SUPPLIED MATERIAL ->
#####

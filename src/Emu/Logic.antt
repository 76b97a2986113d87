-- ===== src/Emu/Logic.antt =====
-- `and`, `or`, `xor`, the shifts, `rot` and `bswap`.
pub mod Shifts
use acca.Prelude.{
  ℕ, ◌-◌, ◌%◌, ◌^◌, bit_and, bit_or, bit_xor, Bool, false, not, ◌&&◌, Option, ltb, ◌==◌,
  if◌then◌else◌,
}
use mathlib.Core.List.{reverse}
use acca.Word.{all_bits, shl, shr, arithmetic_shr, rotate_right, to_le_bytes, from_le_bytes}
use acca.Emu.Platform.{Platform}
use acca.Emu.Util.Bit.{bit_as_bool}
use acca.Emu.Util.Size.{Size, byte, double_byte, quad_byte, word, bit_size, msb_index, mask}
use acca.Emu.Util.Register.{get_unsigned}
use acca.Emu.Util.Flags.{set_carry, set_zero, set_overflow, set_sign}
use acca.Emu.State.{Vm, register, Flow, ok, ◌>>=◌}
use acca.Emu.Memory.{set_sized_register, set_destination}
use acca.Emu.Arithmetic.{imm11_with_shift_factor}

-- `set_overflow(false)`, then the zero and the sign flag of the result.
unfoldable pub logic_flags : ℕ → Size → ℕ → ℕ
logic_flags flags size result =
    set_sign (set_zero (set_overflow flags false) (bit_and result (mask size) == 0))
      (bit_as_bool result (msb_index size))

-- The common part of `and`, `or` and `xor`, from the two operand values.
unfoldable pub logic_with : (ℕ → ℕ → ℕ) → Size → Option ℕ → ℕ → ℕ → Bool → Vm → Vm
logic_with op size dst lhs rhs set_flags vm =
    let result = op (get_unsigned (register vm lhs) size) rhs in
    let written = set_destination vm dst size result in
    if set_flags then record written { flags = logic_flags written.flags size result } else written

unfoldable pub and_reg : Size → Option ℕ → ℕ → ℕ → Bool → Vm → Flow Vm
and_reg size dst lhs rhs set_flags vm =
    ok (logic_with bit_and size dst lhs (get_unsigned (register vm rhs) size) set_flags vm)

unfoldable pub or_reg : Size → Option ℕ → ℕ → ℕ → Bool → Vm → Flow Vm
or_reg size dst lhs rhs set_flags vm =
    ok (logic_with bit_or size dst lhs (get_unsigned (register vm rhs) size) set_flags vm)

unfoldable pub xor_reg : Size → Option ℕ → ℕ → ℕ → Bool → Vm → Flow Vm
xor_reg size dst lhs rhs set_flags vm =
    ok (logic_with bit_xor size dst lhs (get_unsigned (register vm rhs) size) set_flags vm)

module _ ⦃platform : Platform⦄ where
  unfoldable pub and_imm : Size → Option ℕ → ℕ → ℕ → ℕ → Bool → Bool → Vm → Flow Vm
  and_imm size dst lhs rhs shift_factor sign_extend set_flags vm = do
    right ← imm11_with_shift_factor rhs shift_factor sign_extend
    ok (logic_with bit_and size dst lhs right set_flags vm)

  unfoldable pub or_imm : Size → Option ℕ → ℕ → ℕ → ℕ → Bool → Bool → Vm → Flow Vm
  or_imm size dst lhs rhs shift_factor sign_extend set_flags vm = do
    right ← imm11_with_shift_factor rhs shift_factor sign_extend
    ok (logic_with bit_or size dst lhs right set_flags vm)

  unfoldable pub xor_imm : Size → Option ℕ → ℕ → ℕ → ℕ → Bool → Bool → Vm → Flow Vm
  xor_imm size dst lhs rhs shift_factor sign_extend set_flags vm = do
    right ← imm11_with_shift_factor rhs shift_factor sign_extend
    ok (logic_with bit_xor size dst lhs right set_flags vm)

-- The flags of a shift by `rhs`, whose last bit shifted out is bit `out` of `lhs`.
unfoldable pub shift_flags : ℕ → Size → ℕ → ℕ → ℕ → ℕ → ℕ
unfolding logic_flags
shift_flags flags size lhs rhs out result =
    let carried = if not (rhs == 0) then set_carry flags (bit_as_bool lhs out) else flags in
    logic_flags carried size result

-- `shl` and `shr` by the amount `rhs`.
unfoldable pub shl_with : Size → Option ℕ → ℕ → ℕ → Bool → Vm → Vm
shl_with size dst lhs rhs set_flags vm =
    let left = get_unsigned (register vm lhs) size in
    let too_big = not (ltb rhs (bit_size size)) in
    let result = if too_big then 0 else shl left rhs in
    let written = set_destination vm dst size result in
    let out = if too_big then 0 else bit_size size - rhs in
    if set_flags
    then record written { flags = shift_flags written.flags size left rhs out result }
    else written

unfoldable pub shr_value : Size → Bool → ℕ → ℕ → ℕ
shr_value size signed left rhs =
    if not (ltb rhs (bit_size size))
    then (if signed && bit_as_bool left (msb_index size) then all_bits else 0)
    else (if signed then arithmetic_shr left rhs else shr left rhs)

unfoldable pub shr_with : Size → Option ℕ → ℕ → ℕ → Bool → Bool → Vm → Vm
shr_with size dst lhs rhs signed set_flags vm =
    let left = get_unsigned (register vm lhs) size in
    let too_big = not (ltb rhs (bit_size size)) in
    let result = shr_value size signed left rhs in
    let written = set_destination vm dst size result in
    let out = if too_big then msb_index size else rhs - 1 in
    if set_flags
    then record written { flags = shift_flags written.flags size left rhs out result }
    else written

unfoldable pub shl_reg : Size → Option ℕ → ℕ → ℕ → Bool → Vm → Flow Vm
shl_reg size dst lhs rhs set_flags vm =
    ok (shl_with size dst lhs (get_unsigned (register vm rhs) size) set_flags vm)

unfoldable pub shl_imm : Size → Option ℕ → ℕ → ℕ → Bool → Vm → Flow Vm
shl_imm size dst lhs rhs set_flags vm = ok (shl_with size dst lhs rhs set_flags vm)

unfoldable pub shr_reg : Size → Option ℕ → ℕ → ℕ → Bool → Bool → Vm → Flow Vm
shr_reg size dst lhs rhs signed set_flags vm =
    ok (shr_with size dst lhs (get_unsigned (register vm rhs) size) signed set_flags vm)

unfoldable pub shr_imm : Size → Option ℕ → ℕ → ℕ → Bool → Bool → Vm → Flow Vm
shr_imm size dst lhs rhs signed set_flags vm = ok (shr_with size dst lhs rhs signed set_flags vm)

-- `rot` by the amount `rhs`; only the sign flag is set.
unfoldable pub rot_with : Size → Option ℕ → ℕ → ℕ → Bool → Vm → Vm
rot_with size dst lhs rhs set_flags vm =
    let left = get_unsigned (register vm lhs) size in
    let width = bit_size size in
    let result = rotate_right width (left % 2 ^ width) (rhs % width) in
    let written = set_destination vm dst size result in
    if set_flags
    then record written { flags = set_sign written.flags (bit_as_bool result (msb_index size)) }
    else written

unfoldable pub rot_reg : Size → Option ℕ → ℕ → ℕ → Bool → Vm → Flow Vm
rot_reg size dst lhs rhs set_flags vm =
    ok (rot_with size dst lhs (get_unsigned (register vm rhs) size) set_flags vm)

unfoldable pub rot_imm : Size → Option ℕ → ℕ → ℕ → Bool → Vm → Flow Vm
rot_imm size dst lhs rhs set_flags vm = ok (rot_with size dst lhs rhs set_flags vm)

-- `swap_bytes` on the width of the operation.
unfoldable pub swapped : Size → ℕ → ℕ
swapped byte src = src
swapped double_byte src = from_le_bytes (reverse (to_le_bytes 2 (src % 2 ^ 16)))
swapped quad_byte src = from_le_bytes (reverse (to_le_bytes 4 (src % 2 ^ 32)))
swapped word src = from_le_bytes (reverse (to_le_bytes 8 src))

unfoldable pub bswap : Size → ℕ → ℕ → Bool → Vm → Flow Vm
bswap size dst src set_flags vm =
    let result = swapped size (get_unsigned (register vm src) size) in
    let written = set_sized_register vm dst size result in
    ok (
      if set_flags
      then record written { flags = set_sign written.flags (bit_as_bool result (msb_index size)) }
      else written)
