-- ===== src/Emu/Control.antt =====
-- `soc`, `sof`, the jumps, the calls, and the instructions that raise or return from exceptions.
use acca.Prelude.{
  ℕ, bit_and, Bool, true, false, not, ◌&&◌, Option, none, some, ◌==◌, if◌then◌else◌, ◌%◌, ◌^◌,
}
use acca.Word.{wrapping_add, wrapping_sub, wrapping_mul, i64_mul_overflows}
use acca.Emu.Platform.{Platform}
use acca.Emu.Util.Size.{Size}
use acca.Emu.Util.Register.{sp, lr}
use acca.Emu.Util.Flags.{Condition, test_condition, privilege_level, is_pl0}
use acca.Emu.State.{Vm, register, set_register, Flow, ok, panic, ◌>>=◌}
use acca.Emu.Exception.{invalid_instruction, debug, user, invalid_operation, raise}
use acca.Emu.Memory.{set_sized_register}
use acca.Emu.Arithmetic.{compare_registers}

unfoldable pub soc : Size → ℕ → ℕ → ℕ → Condition → Bool → Vm → Flow Vm
soc size dst lhs rhs cond borrow vm =
    let result = if compare_registers size lhs rhs borrow cond vm then 1 else 0 in
    ok (set_sized_register vm dst size result)

unfoldable pub sof : Size → ℕ → Condition → Vm → Flow Vm
sof size dst cond vm =
    let result = if test_condition vm.flags cond then 1 else 0 in
    ok (set_sized_register vm dst size result)

-- `$cond.map(|cond| self.flags.test_condition(cond)).unwrap_or(true)`
unfoldable pub should_jump : Option Condition → Vm → Bool
should_jump none vm = true
should_jump (some cond) vm = test_condition vm.flags cond

module _ ⦃platform : Platform⦄ where
  -- The macro `do_jump!`. The fetch loop adds 4 once the handler is done.
  unfoldable pub do_jump : ℕ → Vm → Flow Vm
  do_jump dest vm =
      if not (bit_and dest 3 == 0)
      then raise invalid_operation vm
      else ok (record vm { instruction_pointer = wrapping_sub dest 4 })

  -- The macros `jump!` and `call!`.
  unfoldable pub jump : ℕ → Option Condition → Vm → Flow Vm
  unfolding do_jump should_jump
  jump addr cond vm = if should_jump cond vm then do_jump addr vm else ok vm

  unfoldable pub call : ℕ → Option Condition → Vm → Flow Vm
  unfolding do_jump should_jump
  call addr cond vm =
      let link_addr = wrapping_add vm.instruction_pointer 4 in
      if should_jump cond vm
      then (do_jump addr vm >>= λ jumped. ok (set_register jumped lr link_addr))
      else ok vm

  -- `rel_base + (((addr as i64) * 4) as u64)`
  unfoldable pub relative_target : ℕ → Vm → Flow ℕ
  relative_target addr vm =
      if platform.overflow_checks && i64_mul_overflows addr 4
      then panic
      else ok (wrapping_add (wrapping_add vm.instruction_pointer 4) (wrapping_mul addr 4))

  unfoldable pub jmpa : Option Condition → ℕ → Vm → Flow Vm
  jmpa cond addr vm = jump (register vm addr) cond vm

  unfoldable pub jmpr_reg : Option Condition → ℕ → Vm → Flow Vm
  jmpr_reg cond addr vm = do target ← relative_target (register vm addr) vm; jump target cond vm

  unfoldable pub jmpr_imm : Option Condition → ℕ → Vm → Flow Vm
  jmpr_imm cond addr vm = do target ← relative_target addr vm; jump target cond vm

  -- The macro `compare_and_jump!`.
  unfoldable pub compare_and_jump : Size → ℕ → ℕ → ℕ → Condition → Vm → Flow Vm
  compare_and_jump size lhs rhs addr cond vm =
      if compare_registers size lhs rhs false cond vm then do_jump addr vm else ok vm

  unfoldable pub cjmpa : Condition → Size → ℕ → ℕ → ℕ → Vm → Flow Vm
  cjmpa cond size addr lhs rhs vm = compare_and_jump size lhs rhs (register vm addr) cond vm

  unfoldable pub cjmpr_reg : Condition → Size → ℕ → ℕ → ℕ → Vm → Flow Vm
  cjmpr_reg cond size addr lhs rhs vm = do
    target ← relative_target (register vm addr) vm
    compare_and_jump size lhs rhs target cond vm

  unfoldable pub cjmpr_imm : Condition → Size → ℕ → ℕ → ℕ → Vm → Flow Vm
  cjmpr_imm cond size addr lhs rhs vm = do
    target ← relative_target addr vm
    compare_and_jump size lhs rhs target cond vm

  unfoldable pub calla : Option Condition → ℕ → Vm → Flow Vm
  calla cond addr vm = call (register vm addr) cond vm

  unfoldable pub callr_reg : Option Condition → ℕ → Vm → Flow Vm
  callr_reg cond addr vm = do target ← relative_target (register vm addr) vm; call target cond vm

  unfoldable pub callr_imm : Option Condition → ℕ → Vm → Flow Vm
  callr_imm cond addr vm = do target ← relative_target addr vm; call target cond vm

  unfoldable pub eret : Vm → Flow Vm
  eret vm =
      if not (is_pl0 (privilege_level vm.flags))
      then raise invalid_operation vm
      else ok (record (set_register vm sp vm.esp) {
        instruction_pointer = wrapping_sub vm.elr 4;
        flags = vm.eflags;
      })

  unfoldable pub udf : Vm → Flow Vm
  udf vm = raise invalid_instruction vm

  unfoldable pub dbg : Vm → Flow Vm
  dbg vm = raise debug vm

  unfoldable pub exc : ℕ → Vm → Flow Vm
  exc val vm =
      raise (user (val % 2 ^ 16))
        (record vm { instruction_pointer = wrapping_add vm.instruction_pointer 4 })

unfoldable pub ret : Vm → Flow Vm
ret vm = ok (record vm { instruction_pointer = wrapping_sub (register vm lr) 4 })
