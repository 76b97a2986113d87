-- ===== src/Emu/Machine.antt =====
-- `ldm` and `stm`, the accesses to machine registers.
pub mod Access
use acca.Prelude.{
  ℕ, zero, suc, ◌%◌, ◌^◌, bit_and, Bool, true, false, not, ◌&&◌, none, some, List, [], ◌∷◌, take,
  drop, all, ◌==◌, if◌then◌else◌,
}
use acca.Word.{from_le_bytes}
use acca.Emu.Platform.{Platform}
use acca.Emu.Util.Flags.{privilege_level, flags_try_from}
use acca.Emu.Util.MachineRegister.{
  MachineRegisterId, flags, elr, esp, eflags, einfo, eaddr, evtable, ectable, vm_console,
  check_access,
}
use acca.Emu.State.{
  Vm, ExceptionConfigurationEntry, ExceptionConfigurationTable, register, set_register, Flow, ok,
  panic, ◌>>=◌,
}
use acca.Emu.Exception.{invalid_operation, validate, raise}
use acca.Emu.Memory.{get_memory}

-- `VMAddress::is_valid_instruction_pointer`
unfoldable pub is_valid_instruction_pointer : ℕ → Bool
is_valid_instruction_pointer address = bit_and address 3 == 0

-- `read_unaligned` of the table: entries of three little-endian words, in declaration order.
unfoldable pub read_entries : ℕ → List ℕ → List ExceptionConfigurationEntry
read_entries zero bytes = []
read_entries (suc n) bytes =
    record {
      flags = from_le_bytes (take 8 bytes);
      stack_pointer = from_le_bytes (take 8 (drop 8 bytes));
      stack_size = from_le_bytes (take 8 (drop 16 bytes));
    }
    ∷ read_entries n (drop 24 bytes)

unfoldable pub read_table : List ℕ → ExceptionConfigurationTable
unfolding read_entries
read_table bytes = record { pl0 = read_entries 8 bytes; pl1 = read_entries 8 (drop 192 bytes) }

-- The value of a machine register; the console has none, the source's `unreachable!`.
unfoldable pub machine_register : MachineRegisterId → Vm → Flow ℕ
machine_register flags vm = ok vm.flags
machine_register elr vm = ok vm.elr
machine_register esp vm = ok vm.esp
machine_register eflags vm = ok vm.eflags
machine_register einfo vm = ok vm.einfo
machine_register eaddr vm = ok vm.eaddr
machine_register evtable vm = ok vm.evtable_addr
machine_register ectable vm = ok vm.ectable_addr
machine_register vm_console vm = panic

module _ ⦃platform : Platform⦄ where
  -- The two tests that `ldm` and `stm` begin with.
  unfoldable pub accessible : ℕ → Bool → Vm → Flow MachineRegisterId
  accessible mreg write vm = elim (platform.try_from mreg) [
    | none ↦ raise invalid_operation vm
    | some id ↦
        if not (check_access id (privilege_level vm.flags) write)
        then raise invalid_operation vm
        else ok id
  ]

  unfoldable pub ldm : ℕ → ℕ → Vm → Flow Vm
  ldm dst src_mreg vm = do
    id ← accessible (src_mreg % 2 ^ 32) false vm
    val ← machine_register id vm
    ok (set_register vm dst val)

  -- `Ok(flags) = src.try_into()`, or an invalid operation.
  unfoldable pub as_flags : ℕ → Vm → Flow ℕ
  as_flags src vm = elim (flags_try_from src) [
    | none ↦ raise invalid_operation vm
    | some value ↦ ok value
  ]

  unfoldable pub as_vector : ℕ → Vm → Flow ℕ
  as_vector src vm = if is_valid_instruction_pointer src then ok src else raise invalid_operation vm

  unfoldable pub install_table : ℕ → ExceptionConfigurationTable → Vm → Flow Vm
  install_table src table vm =
      if all validate table.pl0 && all validate table.pl1
      then ok (record vm { ectable_addr = src; ectable = table })
      else raise invalid_operation vm

  unfoldable pub load_ectable : ℕ → Vm → Flow Vm
  unfolding install_table
  load_ectable src vm = do mem ← get_memory false src 384 vm; install_table src (read_table mem) vm

  -- The `match` of `stm`; the last two cases are its `unreachable!`.
  unfoldable pub set_machine_register : MachineRegisterId → ℕ → Vm → Flow Vm
  set_machine_register flags src vm = do value ← as_flags src vm; ok (record vm { flags = value })
  set_machine_register elr src vm = do value ← as_vector src vm; ok (record vm { elr = value })
  set_machine_register esp src vm = ok (record vm { esp = src })
  set_machine_register eflags src vm = do value ← as_flags src vm; ok (record vm { eflags = value })
  set_machine_register evtable src vm = do
    value ← as_vector src vm
    ok (record vm { evtable_addr = value })
  set_machine_register ectable src vm = load_ectable src vm
  set_machine_register vm_console src vm = ok (record vm { console = (src % 2 ^ 8) ∷ vm.console })
  set_machine_register einfo src vm = panic
  set_machine_register eaddr src vm = panic

  unfoldable pub stm : ℕ → ℕ → Vm → Flow Vm
  stm dst_mreg src vm = do
    id ← accessible (dst_mreg % 2 ^ 32) true vm
    set_machine_register id (register vm src) vm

#####

WHAT IS EXPECTED ->
Which lines run from the one holding "unfoldable pub cjmpa" through the one holding "calla cond addr" in the records above? Repeat them exactly, both included, and nothing more.

ANSWER BOX ->
  unfoldable pub cjmpa : Condition → Size → ℕ → ℕ → ℕ → Vm → Flow Vm
  cjmpa cond size addr lhs rhs vm = compare_and_jump size lhs rhs (register vm addr) cond vm

  unfoldable pub cjmpr_reg : Condition → Size → ℕ → ℕ → ℕ → Vm → Flow Vm
  cjmpr_reg cond size addr lhs rhs vm = do
    target ← relative_target (register vm addr) vm
    compare_and_jump size lhs rhs target cond vm

  unfoldable pub cjmpr_imm : Condition → Size → ℕ → ℕ → ℕ → Vm → Flow Vm
  cjmpr_imm cond size addr lhs rhs vm = do
    target ← relative_target addr vm
    compare_and_jump size lhs rhs target cond vm

  unfoldable pub calla : Option Condition → ℕ → Vm → Flow Vm
  calla cond addr vm = call (register vm addr) cond vm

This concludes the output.